* PROVIDED DATA:
========================
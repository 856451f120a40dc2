-- ===== src/Db/Idempotency.antt =====
-- app/db/idempotency.py
use mathlib.Core.List.{Memᴰ}
use mathlib.Core.Option.{none-ne-some}
use why_combinator.Prelude.{
  ◌≡◌, ◌↔◌, refl, sym, subst, inl, inr, String, Bool, true, false, ◌&&◌, Option, none, some, List,
  [], ◌∷◌, ◌++◌, arith, if◌then◌else◌, HasEq, ◌==◌, nat_has_eq, text_has_eq, ==→eq, ==-refl, any,
  head?, Outcome, ok, raise, Bool-cases, Option-cases, any-count, count-append, raise-ne-ok,
  ok-injective, ◌≤◌, count,
}
use why_combinator.Prelude.Members.{Memᴰ-head?, any-Memᴰ, only, only_one}
use why_combinator.Platform.Sql.{Engine}
use why_combinator.Platform.Json.{Fields}
use why_combinator.Db.Models.{Uuid}
use why_combinator.Db.Tables.{Memᴰ-select, Memᴰ-loaded}

-- f"score_event_write:{submission_id}:{checkpoint_id}" and f"submission_create:{run_id}"
pub data IdempotencyScope : Type 0 where
  score_event_write : (submission_id : Uuid) (checkpoint_id : String) → IdempotencyScope
  submission_create : (run_id : Uuid) → IdempotencyScope

abbrev pub scope_same : IdempotencyScope → IdempotencyScope → Bool
scope_same (score_event_write s c) (score_event_write s' c') = (s == s') && (c == c')
scope_same (submission_create r) (submission_create r') = r == r'
scope_same _ _ = false

pub scope_same_iff : (a b : IdempotencyScope) → (scope_same a b ≡ true) ↔ (a ≡ b)
scope_same_iff (score_event_write s c) (score_event_write s' c') =
    ground (arith, text_has_eq.same_iff c c')
scope_same_iff (submission_create r) (submission_create r') = ground arith
scope_same_iff (score_event_write s c) (submission_create r) = ground arith
scope_same_iff (submission_create r) (score_event_write s c) = ground arith

instance abbrev pub scope_has_eq : HasEq IdempotencyScope
scope_has_eq = record { same = scope_same; same_iff = scope_same_iff }

pub record IdempotencyKey (Float : Type 0) : Type 0 where
  pub scope : IdempotencyScope
  pub key : String
  pub request_hash : String
  pub response_payload : Fields Float

-- What the unique index on the key raises.
pub data IdempotencyError : Type 0 where
  duplicate_key : (key : String) → IdempotencyError

module _ {Float : Type 0} where
  abbrev pub answers : IdempotencyScope → (key request_hash : String) → IdempotencyKey Float → Bool
  answers scope key request_hash r =
      (r.scope == scope) && ((r.key == key) && (r.request_hash == request_hash))

  abbrev pub has_key : String → IdempotencyKey Float → Bool
  has_key key r = r.key == key

  -- `scalar_one_or_none`: two rows never have one key.
  unfoldable pub get_idempotent_response :
      Engine
      → List (IdempotencyKey Float)
      → IdempotencyScope
      → (key request_hash : String) → Option (Fields Float)
  get_idempotent_response db rows scope key request_hash =
      elim (head? (db.select (IdempotencyKey Float) (answers scope key request_hash) rows)) [
        | none ↦ none
        | some row ↦ some row.response_payload
      ]

  unfoldable pub store_idempotent_response :
      List (IdempotencyKey Float)
      → IdempotencyScope
      → (key request_hash : String) → Fields Float
      → Outcome IdempotencyError (List (IdempotencyKey Float))
  store_idempotent_response rows scope key request_hash response_payload =
      if any (has_key key) rows
      then raise (duplicate_key key)
      else ok (
          rows
          ++ record {
            scope = scope;
            key = key;
            request_hash = request_hash;
            response_payload = response_payload;
          }
            ∷ [])

  -- The unique index on the key.
  abbrev pub HasOneRow : List (IdempotencyKey Float) → Type 0
  HasOneRow rows = (key : String) → count (has_key key) rows ≤ 1

  has_key-of :
      (scope : IdempotencyScope) (key hash : String) (r : IdempotencyKey Float)
      → answers scope key hash r ≡ true
      → has_key key r ≡ true
  has_key-of scope key hash r h = ground (arith, h)

  pub find-answer :
      (db : Engine) (rows : List (IdempotencyKey Float)) (row : IdempotencyKey Float)
      → HasOneRow rows
      → Memᴰ row rows
      → get_idempotent_response db rows row.scope row.key row.request_hash
        ≡ some row.response_payload
  unfolding get_idempotent_response
  find-answer db rows row one m =
      let p = answers row.scope row.key row.request_hash in
      let same : (row.scope == row.scope) ≡ true = (scope_same_iff row.scope row.scope).1 refl in
      let passes : p row ≡ true = rw (same, ==-refl row.key, ==-refl row.request_hash) refl in
      let found : head? (db.select (IdempotencyKey Float) p rows) ≡ some row =
        only (db.select (IdempotencyKey Float) p rows) (Memᴰ-loaded db p rows m passes) (λ x i.
          let (k, e) = Memᴰ-select db p rows i in
          only_one (has_key row.key) rows (one row.key) k m
            (has_key-of row.scope row.key row.request_hash x e) (==-refl row.key)) in
      rw (found, get_idempotent_response) refl

  -- A response that is found stands in a row of the request.
  pub found-answer :
      (db : Engine) (rows : List (IdempotencyKey Float)) (scope : IdempotencyScope)
      (key hash : String) (response : Fields Float)
      → get_idempotent_response db rows scope key hash ≡ some response
      → (row : IdempotencyKey Float) × Memᴰ row rows
        × (row.scope ≡ scope)
        × (row.key ≡ key)
        × (row.request_hash ≡ hash)
  unfolding get_idempotent_response
  found-answer db rows scope key hash response e =
      let p = answers scope key hash in
      elim (Option-cases (head? (db.select (IdempotencyKey Float) p rows))) [
        | inl gone ↦ absurd (none-ne-some response (rw (gone, get_idempotent_response) at e))
        | inr (row, here) ↦
            let (m, t) =
              Memᴰ-select db p rows (Memᴰ-head? (db.select (IdempotencyKey Float) p rows) here) in
            (
              row,
              m,
              ground (arith, t, scope_same_iff row.scope scope),
              ground (arith, t, ==→eq row.key key),
              ground (arith, t, ==→eq row.request_hash hash),
            )
      ]

  -- What is stored: one more row, and still one row for each key.
  pub store_lem :
      (rows rows' : List (IdempotencyKey Float)) (scope : IdempotencyScope) (key hash : String)
      (response : Fields Float)
      → HasOneRow rows
      → store_idempotent_response rows scope key hash response ≡ ok rows'
      → HasOneRow rows'
        × (rows'
            ≡ rows
              ++ record {
                scope = scope;
                key = key;
                request_hash = hash;
                response_payload = response;
              }
                ∷ [])
  unfolding store_idempotent_response
  store_lem rows rows' scope key hash response one e = elim (Bool-cases (any (has_key key) rows)) [
    | inl t ↦ absurd (raise-ne-ok (duplicate_key key) rows' (rw t at e))
    | inr f ↦
        let row : IdempotencyKey Float = record {
          scope = scope;
          key = key;
          request_hash = hash;
          response_payload = response;
        } in
        let stored : rows ++ row ∷ [] ≡ rows' = ok-injective _ _ (rw f at e) in
        let still : HasOneRow (rows ++ row ∷ []) = λ k.
          let none_yet : (key == k) ≡ true → any (has_key k) rows ≡ false =
            λ t. subst (λ x. any (has_key x) rows ≡ false) (==→eq key k t) f in
          ground (
            arith,
            one k,
            count-append (has_key k) rows (row ∷ []),
            any-count (has_key k) rows,
            none_yet,
          ) in
        (subst HasOneRow stored still, sym stored)
  ]

  -- A key that is in use is refused.
  pub store-used :
      (rows : List (IdempotencyKey Float)) (row : IdempotencyKey Float) (scope : IdempotencyScope)
      (hash : String) (response : Fields Float)
      → Memᴰ row rows
      → store_idempotent_response rows scope row.key hash response ≡ raise (duplicate_key row.key)
  unfolding store_idempotent_response
  store-used rows row scope hash response m =
      rw (any-Memᴰ (has_key row.key) rows m (==-refl row.key)) refl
========================
Return every line of the data above in which "head" appears.

* ANSWER TO THE EXERCISE:
  head?, Outcome, ok, raise, Bool-cases, Option-cases, any-count, count-append, raise-ne-ok,
use why_combinator.Prelude.Members.{Memᴰ-head?, any-Memᴰ, only, only_one}
      elim (head? (db.select (IdempotencyKey Float) (answers scope key request_hash) rows)) [
      let found : head? (db.select (IdempotencyKey Float) p rows) ≡ some row =
      elim (Option-cases (head? (db.select (IdempotencyKey Float) p rows))) [
              Memᴰ-select db p rows (Memᴰ-head? (db.select (IdempotencyKey Float) p rows) here) in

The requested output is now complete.